**DIRECTIONS**
In the entries that follow, the first line to write out is the one containing "abbrev pub sleeping_secs", and the last is the one containing "polling passed : Waiting". Reproduce that stretch exactly, with nothing before or after it.

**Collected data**
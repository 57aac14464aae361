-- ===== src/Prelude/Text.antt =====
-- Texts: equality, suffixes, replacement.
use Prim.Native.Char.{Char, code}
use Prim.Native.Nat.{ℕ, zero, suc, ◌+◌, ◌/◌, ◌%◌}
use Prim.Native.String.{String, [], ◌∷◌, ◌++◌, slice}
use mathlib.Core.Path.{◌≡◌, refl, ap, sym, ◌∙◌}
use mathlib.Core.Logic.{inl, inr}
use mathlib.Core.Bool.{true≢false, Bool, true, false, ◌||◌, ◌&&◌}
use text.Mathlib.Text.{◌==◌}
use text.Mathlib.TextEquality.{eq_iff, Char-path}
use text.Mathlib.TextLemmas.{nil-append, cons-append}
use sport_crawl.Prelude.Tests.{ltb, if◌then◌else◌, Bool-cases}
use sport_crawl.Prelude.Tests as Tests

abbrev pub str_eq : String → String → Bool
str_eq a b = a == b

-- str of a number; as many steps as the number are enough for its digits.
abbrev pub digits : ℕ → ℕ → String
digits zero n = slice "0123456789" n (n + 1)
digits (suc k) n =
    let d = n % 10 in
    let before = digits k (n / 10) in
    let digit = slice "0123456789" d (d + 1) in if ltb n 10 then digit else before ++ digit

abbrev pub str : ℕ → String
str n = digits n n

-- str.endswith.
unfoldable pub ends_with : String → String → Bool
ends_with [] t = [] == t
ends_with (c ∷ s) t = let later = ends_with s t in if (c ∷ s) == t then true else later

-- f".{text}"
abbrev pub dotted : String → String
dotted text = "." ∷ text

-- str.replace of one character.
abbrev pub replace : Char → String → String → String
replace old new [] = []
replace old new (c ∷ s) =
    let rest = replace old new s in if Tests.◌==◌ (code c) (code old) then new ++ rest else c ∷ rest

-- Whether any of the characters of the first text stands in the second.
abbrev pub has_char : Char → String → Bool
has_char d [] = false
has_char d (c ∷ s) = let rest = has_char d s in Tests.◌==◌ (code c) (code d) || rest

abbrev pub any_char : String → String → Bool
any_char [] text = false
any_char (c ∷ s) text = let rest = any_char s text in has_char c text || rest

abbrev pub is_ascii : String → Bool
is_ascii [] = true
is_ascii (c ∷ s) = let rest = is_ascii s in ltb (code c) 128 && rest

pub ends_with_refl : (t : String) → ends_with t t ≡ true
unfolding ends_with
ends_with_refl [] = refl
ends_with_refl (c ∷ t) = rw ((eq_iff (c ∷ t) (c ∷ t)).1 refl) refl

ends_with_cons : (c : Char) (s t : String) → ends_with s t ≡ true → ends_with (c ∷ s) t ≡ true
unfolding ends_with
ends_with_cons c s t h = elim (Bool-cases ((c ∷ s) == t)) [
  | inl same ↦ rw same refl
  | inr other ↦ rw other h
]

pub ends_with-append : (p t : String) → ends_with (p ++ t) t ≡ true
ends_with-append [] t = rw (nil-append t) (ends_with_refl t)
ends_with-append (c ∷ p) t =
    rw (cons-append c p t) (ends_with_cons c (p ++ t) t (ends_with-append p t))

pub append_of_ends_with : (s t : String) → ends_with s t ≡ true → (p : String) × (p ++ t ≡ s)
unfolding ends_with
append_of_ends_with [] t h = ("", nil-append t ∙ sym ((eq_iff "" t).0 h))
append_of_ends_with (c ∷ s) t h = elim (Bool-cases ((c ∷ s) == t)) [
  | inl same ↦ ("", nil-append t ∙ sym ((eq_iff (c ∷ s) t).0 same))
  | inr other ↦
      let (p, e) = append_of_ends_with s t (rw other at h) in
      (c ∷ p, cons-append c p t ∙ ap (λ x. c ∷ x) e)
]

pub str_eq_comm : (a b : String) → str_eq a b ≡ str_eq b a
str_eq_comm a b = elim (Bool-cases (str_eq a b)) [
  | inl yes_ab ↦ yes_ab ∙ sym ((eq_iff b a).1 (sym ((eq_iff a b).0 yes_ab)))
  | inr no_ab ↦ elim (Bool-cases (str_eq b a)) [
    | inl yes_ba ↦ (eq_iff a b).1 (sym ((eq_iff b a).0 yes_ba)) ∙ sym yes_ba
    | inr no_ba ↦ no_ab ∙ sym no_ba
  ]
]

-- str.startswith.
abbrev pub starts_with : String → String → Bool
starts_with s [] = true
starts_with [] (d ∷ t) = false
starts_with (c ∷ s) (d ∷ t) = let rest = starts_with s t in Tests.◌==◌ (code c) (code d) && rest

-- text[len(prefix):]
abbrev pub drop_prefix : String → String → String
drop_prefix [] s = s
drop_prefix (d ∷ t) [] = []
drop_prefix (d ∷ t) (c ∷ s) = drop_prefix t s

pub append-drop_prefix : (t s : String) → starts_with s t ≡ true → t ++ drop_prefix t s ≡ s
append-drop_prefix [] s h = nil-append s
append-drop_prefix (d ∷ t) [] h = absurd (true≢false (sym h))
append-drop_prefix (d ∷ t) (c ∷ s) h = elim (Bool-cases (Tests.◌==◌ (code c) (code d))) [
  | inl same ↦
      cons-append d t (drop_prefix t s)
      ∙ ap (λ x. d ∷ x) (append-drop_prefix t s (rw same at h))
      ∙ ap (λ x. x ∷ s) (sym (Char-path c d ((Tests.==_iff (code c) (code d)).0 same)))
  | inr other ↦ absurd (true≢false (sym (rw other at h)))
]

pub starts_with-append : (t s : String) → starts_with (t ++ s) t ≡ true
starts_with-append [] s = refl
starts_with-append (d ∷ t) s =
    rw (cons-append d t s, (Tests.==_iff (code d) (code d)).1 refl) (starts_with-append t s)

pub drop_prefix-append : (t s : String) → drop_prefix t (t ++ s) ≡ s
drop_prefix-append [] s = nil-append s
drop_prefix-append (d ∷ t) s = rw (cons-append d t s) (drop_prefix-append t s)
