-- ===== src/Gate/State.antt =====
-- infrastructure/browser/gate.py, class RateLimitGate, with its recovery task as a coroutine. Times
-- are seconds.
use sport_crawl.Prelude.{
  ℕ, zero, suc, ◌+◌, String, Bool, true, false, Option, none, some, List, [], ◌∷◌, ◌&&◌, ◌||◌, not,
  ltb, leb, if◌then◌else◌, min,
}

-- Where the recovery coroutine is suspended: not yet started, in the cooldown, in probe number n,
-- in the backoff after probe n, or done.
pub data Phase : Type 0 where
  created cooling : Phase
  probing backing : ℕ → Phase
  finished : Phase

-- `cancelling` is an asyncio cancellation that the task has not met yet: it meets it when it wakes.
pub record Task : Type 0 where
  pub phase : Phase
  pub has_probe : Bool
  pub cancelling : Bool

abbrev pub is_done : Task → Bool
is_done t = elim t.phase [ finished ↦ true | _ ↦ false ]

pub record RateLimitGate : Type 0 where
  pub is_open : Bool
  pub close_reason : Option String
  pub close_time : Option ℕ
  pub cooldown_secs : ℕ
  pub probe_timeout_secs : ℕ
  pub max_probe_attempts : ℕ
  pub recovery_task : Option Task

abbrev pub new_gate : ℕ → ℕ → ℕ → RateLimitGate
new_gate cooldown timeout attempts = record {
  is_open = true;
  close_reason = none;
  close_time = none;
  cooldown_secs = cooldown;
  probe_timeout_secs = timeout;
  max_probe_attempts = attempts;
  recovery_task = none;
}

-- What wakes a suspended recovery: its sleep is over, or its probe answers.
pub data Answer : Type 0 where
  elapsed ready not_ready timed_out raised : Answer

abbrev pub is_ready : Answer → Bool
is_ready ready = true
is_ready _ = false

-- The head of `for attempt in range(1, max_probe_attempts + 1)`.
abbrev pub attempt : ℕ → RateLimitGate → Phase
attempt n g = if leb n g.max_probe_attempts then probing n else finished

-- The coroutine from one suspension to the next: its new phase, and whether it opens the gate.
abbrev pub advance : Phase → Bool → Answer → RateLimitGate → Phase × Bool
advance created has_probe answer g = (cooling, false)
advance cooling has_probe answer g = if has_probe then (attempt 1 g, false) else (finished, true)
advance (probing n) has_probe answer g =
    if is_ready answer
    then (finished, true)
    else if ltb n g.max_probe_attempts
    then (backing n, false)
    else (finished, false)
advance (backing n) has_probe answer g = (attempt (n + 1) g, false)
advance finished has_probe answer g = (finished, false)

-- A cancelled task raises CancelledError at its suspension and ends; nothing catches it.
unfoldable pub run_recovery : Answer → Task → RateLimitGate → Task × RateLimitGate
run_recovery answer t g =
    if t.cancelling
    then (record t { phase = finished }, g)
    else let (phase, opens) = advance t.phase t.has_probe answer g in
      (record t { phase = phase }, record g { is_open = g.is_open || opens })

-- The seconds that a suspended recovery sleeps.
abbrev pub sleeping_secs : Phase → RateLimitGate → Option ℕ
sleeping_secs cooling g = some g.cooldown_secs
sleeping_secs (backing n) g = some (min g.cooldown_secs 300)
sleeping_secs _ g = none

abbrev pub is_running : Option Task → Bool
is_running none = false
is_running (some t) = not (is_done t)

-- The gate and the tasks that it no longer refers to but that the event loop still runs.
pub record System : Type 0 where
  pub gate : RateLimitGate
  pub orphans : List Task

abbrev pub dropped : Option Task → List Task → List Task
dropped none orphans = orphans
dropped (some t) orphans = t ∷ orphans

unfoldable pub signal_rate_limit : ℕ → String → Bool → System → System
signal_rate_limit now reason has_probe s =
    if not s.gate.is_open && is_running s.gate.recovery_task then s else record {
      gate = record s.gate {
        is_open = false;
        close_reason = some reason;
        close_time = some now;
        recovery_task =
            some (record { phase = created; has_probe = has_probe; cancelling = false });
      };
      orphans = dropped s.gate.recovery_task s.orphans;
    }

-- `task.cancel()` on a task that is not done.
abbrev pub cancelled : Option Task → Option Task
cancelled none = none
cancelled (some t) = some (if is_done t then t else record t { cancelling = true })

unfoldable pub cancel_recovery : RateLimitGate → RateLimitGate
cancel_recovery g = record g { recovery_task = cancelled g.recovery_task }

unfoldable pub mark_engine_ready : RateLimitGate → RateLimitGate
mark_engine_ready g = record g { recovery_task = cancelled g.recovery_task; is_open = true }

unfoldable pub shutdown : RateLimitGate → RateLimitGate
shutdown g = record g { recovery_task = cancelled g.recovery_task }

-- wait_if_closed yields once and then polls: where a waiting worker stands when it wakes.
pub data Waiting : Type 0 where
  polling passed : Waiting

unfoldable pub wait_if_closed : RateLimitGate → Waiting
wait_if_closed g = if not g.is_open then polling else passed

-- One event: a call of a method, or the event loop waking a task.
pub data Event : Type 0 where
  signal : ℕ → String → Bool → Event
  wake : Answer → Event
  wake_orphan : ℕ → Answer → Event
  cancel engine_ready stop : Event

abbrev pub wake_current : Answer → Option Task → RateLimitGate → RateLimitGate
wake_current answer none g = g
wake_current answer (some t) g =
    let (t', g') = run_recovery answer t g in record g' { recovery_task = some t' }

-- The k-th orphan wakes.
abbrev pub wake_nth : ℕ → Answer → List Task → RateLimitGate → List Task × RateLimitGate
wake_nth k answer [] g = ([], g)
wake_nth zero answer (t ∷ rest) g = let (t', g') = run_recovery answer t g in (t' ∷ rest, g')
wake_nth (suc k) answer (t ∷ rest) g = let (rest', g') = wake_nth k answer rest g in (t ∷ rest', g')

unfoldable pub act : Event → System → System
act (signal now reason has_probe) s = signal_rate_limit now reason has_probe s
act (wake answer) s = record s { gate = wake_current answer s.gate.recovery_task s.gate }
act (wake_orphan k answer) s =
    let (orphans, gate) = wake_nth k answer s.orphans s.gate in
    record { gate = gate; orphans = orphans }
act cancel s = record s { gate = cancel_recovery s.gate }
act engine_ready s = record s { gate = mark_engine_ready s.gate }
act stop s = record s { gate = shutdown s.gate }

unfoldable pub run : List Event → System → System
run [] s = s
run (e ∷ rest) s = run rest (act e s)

**RESPONSE TO THIS EXERCISE**
abbrev pub sleeping_secs : Phase → RateLimitGate → Option ℕ
sleeping_secs cooling g = some g.cooldown_secs
sleeping_secs (backing n) g = some (min g.cooldown_secs 300)
sleeping_secs _ g = none

abbrev pub is_running : Option Task → Bool
is_running none = false
is_running (some t) = not (is_done t)

-- The gate and the tasks that it no longer refers to but that the event loop still runs.
pub record System : Type 0 where
  pub gate : RateLimitGate
  pub orphans : List Task

abbrev pub dropped : Option Task → List Task → List Task
dropped none orphans = orphans
dropped (some t) orphans = t ∷ orphans

unfoldable pub signal_rate_limit : ℕ → String → Bool → System → System
signal_rate_limit now reason has_probe s =
    if not s.gate.is_open && is_running s.gate.recovery_task then s else record {
      gate = record s.gate {
        is_open = false;
        close_reason = some reason;
        close_time = some now;
        recovery_task =
            some (record { phase = created; has_probe = has_probe; cancelling = false });
      };
      orphans = dropped s.gate.recovery_task s.orphans;
    }

-- `task.cancel()` on a task that is not done.
abbrev pub cancelled : Option Task → Option Task
cancelled none = none
cancelled (some t) = some (if is_done t then t else record t { cancelling = true })

unfoldable pub cancel_recovery : RateLimitGate → RateLimitGate
cancel_recovery g = record g { recovery_task = cancelled g.recovery_task }

unfoldable pub mark_engine_ready : RateLimitGate → RateLimitGate
mark_engine_ready g = record g { recovery_task = cancelled g.recovery_task; is_open = true }

unfoldable pub shutdown : RateLimitGate → RateLimitGate
shutdown g = record g { recovery_task = cancelled g.recovery_task }

-- wait_if_closed yields once and then polls: where a waiting worker stands when it wakes.
pub data Waiting : Type 0 where
  polling passed : Waiting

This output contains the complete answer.